● **ASSIGNMENT**
Copy out, from the entries below, each line that holds the string "abbrev".

--- START ---

-- ===== src/Server/Reporter/Backoff.antt =====
-- internal/server/reporter/reporter.go: the delays between the streams of `Run`.
use Prim.Native.Nat.{min}
use spectre.Prelude.{
  ℕ, zero, suc, ◌*◌, ◌/◌, ◌≤◌, ◌≡◌, refl, Bool, true, false, List, [], ◌∷◌, leb, leb→le, arith,
  Bool-cases, inl, inr, ap, ◌∙◌,
}
use spectre.Server.Reporter.{min_retry_delay, max_retry_delay, jitter, delay_after, next_delay}

-- How a stream ended: whether it failed, and how long it lasted.
pub record Ending : Type 0 where
  pub lost : Bool
  pub lasted : ℕ

-- The delay after some streams; `Run` begins with the least delay.
unfoldable pub delay_from : ℕ → List Ending → ℕ
delay_from delay [] = delay
delay_from delay (e ∷ endings) = delay_from (next_delay delay e.lost e.lasted) endings

abbrev pub IsDelay : ℕ → Type 0
IsDelay d = (min_retry_delay ≤ d) × (d ≤ max_retry_delay)

delay_after-IsDelay :
    (d : ℕ) (lost : Bool) (lasted : ℕ) → IsDelay d → IsDelay (delay_after d lost lasted)
unfolding delay_after
delay_after-IsDelay d lost lasted h = ground arith

next_delay-IsDelay :
    (d : ℕ) (lost : Bool) (lasted : ℕ) → IsDelay d → IsDelay (next_delay d lost lasted)
unfolding next_delay
next_delay-IsDelay d false lasted h = delay_after-IsDelay d false lasted h
next_delay-IsDelay d true lasted h =
    let (low, high) = delay_after-IsDelay d true lasted h in
    (omega (arith, low), omega (arith, low, high))

delay_from-IsDelay : (d : ℕ) (endings : List Ending) → IsDelay d → IsDelay (delay_from d endings)
unfolding delay_from
delay_from-IsDelay d [] h = h
delay_from-IsDelay d (e ∷ endings) h =
    delay_from-IsDelay (next_delay d e.lost e.lasted) endings
      (next_delay-IsDelay d e.lost e.lasted h)

jitter_bounds : (d random : ℕ) → (d / 2 ≤ jitter d random) × (jitter d random ≤ d)
unfolding jitter
jitter_bounds d random = (omega arith, omega arith)

-- Whatever streams came before, the wait before the next one is at least half the least delay and at
-- most the greatest.
pub wait_bounds :
    (endings : List Ending) (lost : Bool) (lasted random : ℕ)
    → (min_retry_delay / 2
        ≤ jitter (delay_after (delay_from min_retry_delay endings) lost lasted) random)
      × (jitter (delay_after (delay_from min_retry_delay endings) lost lasted) random
          ≤ max_retry_delay)
wait_bounds endings lost lasted random =
    let before = delay_from-IsDelay min_retry_delay endings (omega arith, omega arith) in
    let d = delay_after (delay_from min_retry_delay endings) lost lasted in
    let (low, high) = delay_after-IsDelay (delay_from min_retry_delay endings) lost lasted before in
    let (least, most) = jitter_bounds d random in
    (omega (arith, low, least), omega (arith, high, most))

-- `n` streams that fail at once.
abbrev pub failures : ℕ → List Ending
failures zero = []
failures (suc n) = record { lost = true; lasted = 0 } ∷ failures n

abbrev pub doubled : ℕ → ℕ → ℕ
doubled zero d = d
doubled (suc n) d = doubled n (d * 2)

doubled_more : (n d e : ℕ) → d ≤ e → doubled n d ≤ doubled n e
doubled_more zero d e h = h
doubled_more (suc n) d e h = doubled_more n (d * 2) (e * 2) (omega (arith, h))

grows : (n d : ℕ) → d ≤ doubled n d
grows zero d = omega arith
grows (suc n) d = omega (arith, grows n (d * 2))

next_delay-lost : (d : ℕ) → next_delay d true 0 ≡ min (d * 2) max_retry_delay
unfolding next_delay delay_after
next_delay-lost d = refl

cut :
    (n d : ℕ)
    → min (doubled n (min d max_retry_delay)) max_retry_delay ≡ min (doubled n d) max_retry_delay
cut n d = elim (Bool-cases (leb d max_retry_delay)) [
  | inl below ↦
      let same : min d max_retry_delay ≡ d = omega (arith, leb→le d max_retry_delay below) in
      rw same refl
  | inr above ↦
      let most : min d max_retry_delay ≡ max_retry_delay = ground (arith, above) in
      rw most (ground (arith, above, grows n d, grows n max_retry_delay))
]

backoff :
    (n d : ℕ) → d ≤ max_retry_delay → delay_from d (failures n) ≡ min (doubled n d) max_retry_delay
unfolding delay_from
backoff zero d h = omega (arith, h)
backoff (suc n) d h =
    let start : next_delay d true 0 ≡ min (d * 2) max_retry_delay = next_delay-lost d in
    let ih = backoff n (min (d * 2) max_retry_delay) (omega arith) in
    ap (λ x. delay_from x (failures n)) start ∙ ih ∙ cut n (d * 2)

-- After `n` streams that fail at once the delay is the least one doubled `n` times, cut to the
-- greatest.
pub backoff_lem :
    (n : ℕ)
    → delay_from min_retry_delay (failures n) ≡ min (doubled n min_retry_delay) max_retry_delay
backoff_lem n = backoff n min_retry_delay (omega arith)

--- END ---

● **ANSWER FOR THIS EXERCISE**
abbrev pub IsDelay : ℕ → Type 0
abbrev pub failures : ℕ → List Ending
abbrev pub doubled : ℕ → ℕ → ℕ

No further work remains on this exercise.